Start of Block
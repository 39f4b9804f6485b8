-- ===== src/Api/Handlers.antt =====
-- The handlers of src/api/handlers.rs on success and on failure.
use tei_manager.Base.{ℕ, ◌≡◌, ◌≢◌, refl, String, Bool, Option, none, some, arith, err}
use tei_manager.Config.{Timestamp}
use tei_manager.Instance.{ProcessManager, Lawful, AnyError}
use tei_manager.Errors.{Message, TeiError, from_any}
use tei_manager.Registry.{already_exists, get}
use tei_manager.Registry.Explicit.{add_duplicate, get-add}
use tei_manager.Registry.World.{add_instance}
use tei_manager.Registry.World.Removal.{remove-Removed}
use tei_manager.Api.{
  CreateInstanceRequest, AppState, GpuInfo, config_of, create_instance, get_instance,
  delete_instance, start_instance, stop_instance, restart_instance, check_gpu,
}

pub check_gpu-state :
    {P : Type 0} (g : GpuInfo) (id : Option ℕ) (s : AppState P) → (check_gpu g id s).1 ≡ s
unfolding check_gpu
check_gpu-state g none s = refl
check_gpu-state g (some id) s = ground arith

module _ {P : Type 0} (pm : ProcessManager P) (laws : Lawful pm) (now : Timestamp) where
  failed_start_registers :
      (free : ℕ → Bool) (gpus : GpuInfo) (req : CreateInstanceRequest) (s s' : AppState P)
      (e : AnyError)
      → create_instance pm now free gpus req s ≡ (err (from_any e), s')
      → (get req.name s'.world.registry ≢ none) × (s'.tasks ≡ s.tasks)
  unfolding create_instance check_gpu add_instance config_of from_any
  failed_start_registers free gpus req s s' e h =
      ground (
        arith,
        get-add free (config_of now req) s.world.registry,
        check_gpu-state gpus req.gpu_id s,
      )

  create_taken :
      (free : ℕ → Bool) (gpus : GpuInfo) (req : CreateInstanceRequest) (s s' : AppState P)
      (e : AnyError)
      → create_instance pm now free gpus req s ≡ (err (from_any e), s')
      → get req.name s'.world.registry ≢ none
      → create_instance pm now free gpus req s'
        ≡ (err (TeiError.validation_error (Message.of_registry (already_exists req.name))), s')
  unfolding create_instance check_gpu add_instance config_of from_any
  create_taken free gpus req s s' e h taken =
      ground (arith, h, add_duplicate free (config_of now req) s'.world.registry taken)

  -- With a lawful process manager, when `create_instance` fails because the process cannot be
  -- started, the instance stays registered: the name is taken, no task is spawned, not even
  -- the one that saves the state, and the same request again is refused as a duplicate.
  pub create_failed_start :
      (free : ℕ → Bool) (gpus : GpuInfo) (req : CreateInstanceRequest) (s s' : AppState P)
      (e : AnyError)
      → create_instance pm now free gpus req s ≡ (err (from_any e), s')
      → (get req.name s'.world.registry ≢ none)
        × (s'.tasks ≡ s.tasks)
        × (create_instance pm now free gpus req s'
            ≡ (err (TeiError.validation_error (Message.of_registry (already_exists req.name))), s'))
  create_failed_start free gpus req s s' e h =
      let (taken, tasks) = failed_start_registers free gpus req s s' e h in
      (taken, tasks, create_taken free gpus req s s' e h taken)

  -- With a lawful process manager the handlers for reading, starting, stopping, restarting and
  -- deleting an instance all answer a name that is not registered with "not found", and change
  -- nothing.
  pub unknown_name :
      (name : String) (s : AppState P)
      → get name s.world.registry ≡ none
      → (get_instance pm now name s ≡ (err (TeiError.instance_not_found name), s))
        × (start_instance pm now name s ≡ (err (TeiError.instance_not_found name), s))
        × (stop_instance pm now name s ≡ (err (TeiError.instance_not_found name), s))
        × (restart_instance pm now name s ≡ (err (TeiError.instance_not_found name), s))
        × (delete_instance pm now name s ≡ (err (TeiError.instance_not_found name), s))
  unfolding get_instance start_instance stop_instance restart_instance delete_instance
  unknown_name name s h = ground (arith, h, remove-Removed pm laws name s.world)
End of Block
Assignment: Taking the line with "(now : Timestamp) where" as the first and the line with "-- With a lawful process manager the" as the last, retype that stretch of the data above exactly, with no other lines.

Answer box:
module _ {P : Type 0} (pm : ProcessManager P) (laws : Lawful pm) (now : Timestamp) where
  failed_start_registers :
      (free : ℕ → Bool) (gpus : GpuInfo) (req : CreateInstanceRequest) (s s' : AppState P)
      (e : AnyError)
      → create_instance pm now free gpus req s ≡ (err (from_any e), s')
      → (get req.name s'.world.registry ≢ none) × (s'.tasks ≡ s.tasks)
  unfolding create_instance check_gpu add_instance config_of from_any
  failed_start_registers free gpus req s s' e h =
      ground (
        arith,
        get-add free (config_of now req) s.world.registry,
        check_gpu-state gpus req.gpu_id s,
      )

  create_taken :
      (free : ℕ → Bool) (gpus : GpuInfo) (req : CreateInstanceRequest) (s s' : AppState P)
      (e : AnyError)
      → create_instance pm now free gpus req s ≡ (err (from_any e), s')
      → get req.name s'.world.registry ≢ none
      → create_instance pm now free gpus req s'
        ≡ (err (TeiError.validation_error (Message.of_registry (already_exists req.name))), s')
  unfolding create_instance check_gpu add_instance config_of from_any
  create_taken free gpus req s s' e h taken =
      ground (arith, h, add_duplicate free (config_of now req) s'.world.registry taken)

  -- With a lawful process manager, when `create_instance` fails because the process cannot be
  -- started, the instance stays registered: the name is taken, no task is spawned, not even
  -- the one that saves the state, and the same request again is refused as a duplicate.
  pub create_failed_start :
      (free : ℕ → Bool) (gpus : GpuInfo) (req : CreateInstanceRequest) (s s' : AppState P)
      (e : AnyError)
      → create_instance pm now free gpus req s ≡ (err (from_any e), s')
      → (get req.name s'.world.registry ≢ none)
        × (s'.tasks ≡ s.tasks)
        × (create_instance pm now free gpus req s'
            ≡ (err (TeiError.validation_error (Message.of_registry (already_exists req.name))), s'))
  create_failed_start free gpus req s s' e h =
      let (taken, tasks) = failed_start_registers free gpus req s s' e h in
      (taken, tasks, create_taken free gpus req s s' e h taken)

  -- With a lawful process manager the handlers for reading, starting, stopping, restarting and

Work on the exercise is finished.